### RECORDS FOR PROCESSING

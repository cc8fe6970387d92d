-- ===== src/Relayer/Submit.antt =====
-- packages/relayer/src/submit.ts: `RpcSubmitter`, which puts the relayer into a client's instruction,
-- and `pollForConfirmation`. Outside the code, so parameters: `public_key` (`new PublicKey`), the
-- relayer's key, `lookup` and `blockhash` (the RPC), `compute_unit_ix` (ComputeBudgetProgram),
-- `sign_and_serialize` (the compiled message signed and serialised), and the answers of
-- `getSignatureStatuses` and of the clock, one for each turn of the loop.
pub mod Polling
pub mod Placement
use b402_solana.Common.{
  ℕ, zero, suc, ◌+◌, ◌*◌, ◌-◌, ◌<◌, ◌^◌, ◌≤◌, Bool, true, false, ◌&&◌, List, [], ◌∷◌, ◌++◌, length,
  take, drop, get_or, Option, none, some, Text, text_eq, Bytes, Result, ok, err, ◌>>=◌, ◌>>◌,
  throw_if, if◌then◌else◌, ltb, ◌==◌, bit_and, bit_or,
}
use b402_solana.Relayer.Errors.{
  no_account_keys, no_relayer_slot, unknown_lookup_table, RelayerError, bad_request, tx_too_large,
  rpc_failure, internal,
}
use b402_solana.Relayer.Validate.{AccountMeta}
use b402_solana.Relayer.Route.{UserSignature, AdditionalIxInput, SubmitInput, to_key}
use b402_solana.Relayer.Base58.{base58_encode}

pub record KeyMeta : Type 0 where
  pub pubkey : Bytes
  pub is_signer : Bool
  pub is_writable : Bool

pub record TransactionInstruction : Type 0 where
  pub program_id : Bytes
  pub keys : List KeyMeta
  pub ix_data : Bytes

pub record Message {ℓ} (Lut : Type ℓ) : Type ℓ where
  pub payer_key : Bytes
  pub recent_blockhash : Bytes
  pub instructions : List TransactionInstruction
  pub luts : List Lut

-- `findIndex`: the first slot that is a writable signer.
unfoldable pub relayer_slot : List AccountMeta → Option ℕ
relayer_slot [] = none
relayer_slot (k ∷ keys) =
    let later = relayer_slot keys in
    if k.is_signer && k.is_writable
    then some 0
    else elim later [ none ↦ none | some i ↦ some (suc i) ]

-- What the code never reads: the slot is in the list.
abbrev pub no_slot : AccountMeta
no_slot = record { pubkey = []; is_signer = false; is_writable = false }

module _ (public_key : Text → Option Bytes) (relayer : Bytes) where
  -- `accountKeys.map` with the slot's place counted down to 0.
  unfoldable pub place_relayer : Option ℕ → List AccountMeta → Result RelayerError (List KeyMeta)
  place_relayer at [] = ok []
  place_relayer none (k ∷ keys) = do
    key ← to_key public_key k.pubkey
    rest ← place_relayer none keys
    ok (record { pubkey = key; is_signer = k.is_signer; is_writable = k.is_writable } ∷ rest)
  place_relayer (some zero) (k ∷ keys) = do
    rest ← place_relayer none keys
    ok (record { pubkey = relayer; is_signer = k.is_signer; is_writable = k.is_writable } ∷ rest)
  place_relayer (some (suc i)) (k ∷ keys) = do
    key ← to_key public_key k.pubkey
    rest ← place_relayer (some i) keys
    ok (record { pubkey = key; is_signer = k.is_signer; is_writable = k.is_writable } ∷ rest)

  -- The first `map` over a sibling's accounts: the relayer where the writable signer is the one of
  -- the main instruction's slot.
  unfoldable pub sibling_key : AccountMeta → AccountMeta → Result RelayerError Bytes
  sibling_key first k =
      if k.is_signer && k.is_writable
      then (do
        key ← to_key public_key k.pubkey
        slot ← to_key public_key first.pubkey
        ok (if text_eq key slot then relayer else key))
      else to_key public_key k.pubkey

  -- Both maps: any signer is the relayer in the end.
  unfoldable pub sibling_keys : AccountMeta → List AccountMeta → Result RelayerError (List KeyMeta)
  sibling_keys first [] = ok []
  sibling_keys first (k ∷ keys) = do
    key ← sibling_key first k
    rest ← sibling_keys first keys
    ok (
        record {
          pubkey = if k.is_signer then relayer else key;
          is_signer = k.is_signer;
          is_writable = k.is_writable;
        }
        ∷ rest)

  unfoldable pub sibling_ixs :
      AccountMeta → List AdditionalIxInput → Result RelayerError (List TransactionInstruction)
  sibling_ixs first [] = ok []
  sibling_ixs first (x ∷ extras) = do
    keys ← sibling_keys first x.account_keys
    rest ← sibling_ixs first extras
    ok (record { program_id = x.program_id; keys = keys; ix_data = x.ix_data } ∷ rest)

  -- The instructions behind the compute-budget one: the client's, and its siblings.
  unfoldable pub client_ixs : SubmitInput → Result RelayerError (List TransactionInstruction)
  client_ixs input =
      if length input.account_keys == 0
      then err (bad_request no_account_keys)
      else elim (relayer_slot input.account_keys) [
        | none ↦ err (bad_request no_relayer_slot)
        | some i ↦ do
          keys ← place_relayer (some i) input.account_keys
          extras ← sibling_ixs (get_or input.account_keys i no_slot) input.additional_ixs
          ok (
              record { program_id = input.program_id; keys = keys; ix_data = input.ix_data }
              ∷ extras)
      ]

module _ {Lut : Type 0} (lookup : Bytes → Result RelayerError (Option Lut)) where
  unfoldable pub resolve_luts : List Bytes → Result RelayerError (List Lut)
  resolve_luts [] = ok []
  resolve_luts (addr ∷ rest) = do
    found ← lookup addr
    elim found [
      | none ↦ err (bad_request unknown_lookup_table)
      | some lut ↦ do luts ← resolve_luts rest; ok (lut ∷ luts)
    ]

module _ (public_key : Text → Option Bytes) (relayer : Bytes)
    (compute_unit_ix : ℕ → TransactionInstruction) {Lut : Type 0}
    (lookup : Bytes → Result RelayerError (Option Lut)) (blockhash : Result RelayerError Bytes)
    (sign_and_serialize : Message Lut → Option UserSignature → Result RelayerError Bytes)
    (max_tx_size : ℕ) (send : Bytes → Result RelayerError (Bytes × ℕ)) where
  unfoldable pub build : SubmitInput → Result RelayerError (Message Lut)
  build input = do
    luts ← resolve_luts lookup input.alt_addresses
    ixs ← client_ixs public_key relayer input
    hash ← blockhash
    ok (record {
      payer_key = relayer;
      recent_blockhash = hash;
      instructions = compute_unit_ix input.compute_unit_limit ∷ ixs;
      luts = luts;
    })

  -- `send` is `submitViaRpc` or `submitViaJito`, as the configuration has it.
  unfoldable pub submit : SubmitInput → Result RelayerError (Bytes × ℕ)
  unfolding build
  submit input = do
    message ← build input
    wire ← sign_and_serialize message input.user_signature
    throw_if (ltb max_tx_size (length wire)) (tx_too_large (length wire) max_tx_size)
    send wire

-- One status of getSignatureStatuses: the slot, the error and whether it says confirmed or finalized.
pub record SignatureStatus : Type 0 where
  pub slot : ℕ
  pub failure : Option Text
  pub confirmed : Bool

-- What one status decides: the slot with the error or with none, or nothing yet.
unfoldable pub settled : Option SignatureStatus → Option (ℕ × Option Text)
settled none = none
settled (some s) = elim s.failure [
  | some e ↦ some (s.slot, some e)
  | none ↦ if s.confirmed then some (s.slot, none) else none
]

module _ (clock : ℕ → ℕ) (statuses : ℕ → Result RelayerError (Option SignatureStatus))
    (start timeout_ms : ℕ) where
  -- The `while` of pollForConfirmation from its turn `k` on; `none` where the fuel runs out.
  unfoldable pub poll : ℕ → ℕ → Option (Result RelayerError (ℕ × Option Text))
  poll zero k = none
  poll (suc fuel) k =
      let later = poll fuel (suc k) in
      if ltb (clock k - start) timeout_ms
      then (elim (statuses k) [
        | err e ↦ some (err e)
        | ok s ↦ elim (settled s) [ none ↦ later | some outcome ↦ some (ok outcome) ]
      ])
      else some (err rpc_failure)

-- `recoverFirstSignature`: the shortvec's byte at `off` and those behind it, for the shifts that are
-- left; a byte past the end reads as 0.
unfoldable pub read_count : ℕ → ℕ → ℕ → ℕ → Bytes → Option (ℕ × ℕ)
read_count zero off count shift wire = none
read_count (suc left) off count shift wire =
    let b = get_or wire off 0 in
    let read = bit_or count (bit_and b 0x7f * 2 ^ shift) in
    let more = read_count left (suc off) read (shift + 7) wire in
    if bit_and b 0x80 == 0 then some (read, suc off) else more

unfoldable pub recover_first_signature : Bytes → Option Text
recover_first_signature wire = elim (read_count 4 0 0 0 wire) [
  | none ↦ none
  | some (count, off) ↦ if ltb count 1 then none else some (base58_encode (take 64 (drop off wire)))
]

### WHAT THE TASK REQUIRES
Considering only the material above, set down every line from the one with "then some 0" to the one with "rest ← sibling_ixs first extras", inclusive, exactly as written.

### OUTPUT OF THE TASK
    then some 0
    else elim later [ none ↦ none | some i ↦ some (suc i) ]

-- What the code never reads: the slot is in the list.
abbrev pub no_slot : AccountMeta
no_slot = record { pubkey = []; is_signer = false; is_writable = false }

module _ (public_key : Text → Option Bytes) (relayer : Bytes) where
  -- `accountKeys.map` with the slot's place counted down to 0.
  unfoldable pub place_relayer : Option ℕ → List AccountMeta → Result RelayerError (List KeyMeta)
  place_relayer at [] = ok []
  place_relayer none (k ∷ keys) = do
    key ← to_key public_key k.pubkey
    rest ← place_relayer none keys
    ok (record { pubkey = key; is_signer = k.is_signer; is_writable = k.is_writable } ∷ rest)
  place_relayer (some zero) (k ∷ keys) = do
    rest ← place_relayer none keys
    ok (record { pubkey = relayer; is_signer = k.is_signer; is_writable = k.is_writable } ∷ rest)
  place_relayer (some (suc i)) (k ∷ keys) = do
    key ← to_key public_key k.pubkey
    rest ← place_relayer (some i) keys
    ok (record { pubkey = key; is_signer = k.is_signer; is_writable = k.is_writable } ∷ rest)

  -- The first `map` over a sibling's accounts: the relayer where the writable signer is the one of
  -- the main instruction's slot.
  unfoldable pub sibling_key : AccountMeta → AccountMeta → Result RelayerError Bytes
  sibling_key first k =
      if k.is_signer && k.is_writable
      then (do
        key ← to_key public_key k.pubkey
        slot ← to_key public_key first.pubkey
        ok (if text_eq key slot then relayer else key))
      else to_key public_key k.pubkey

  -- Both maps: any signer is the relayer in the end.
  unfoldable pub sibling_keys : AccountMeta → List AccountMeta → Result RelayerError (List KeyMeta)
  sibling_keys first [] = ok []
  sibling_keys first (k ∷ keys) = do
    key ← sibling_key first k
    rest ← sibling_keys first keys
    ok (
        record {
          pubkey = if k.is_signer then relayer else key;
          is_signer = k.is_signer;
          is_writable = k.is_writable;
        }
        ∷ rest)

  unfoldable pub sibling_ixs :
      AccountMeta → List AdditionalIxInput → Result RelayerError (List TransactionInstruction)
  sibling_ixs first [] = ok []
  sibling_ixs first (x ∷ extras) = do
    keys ← sibling_keys first x.account_keys
    rest ← sibling_ixs first extras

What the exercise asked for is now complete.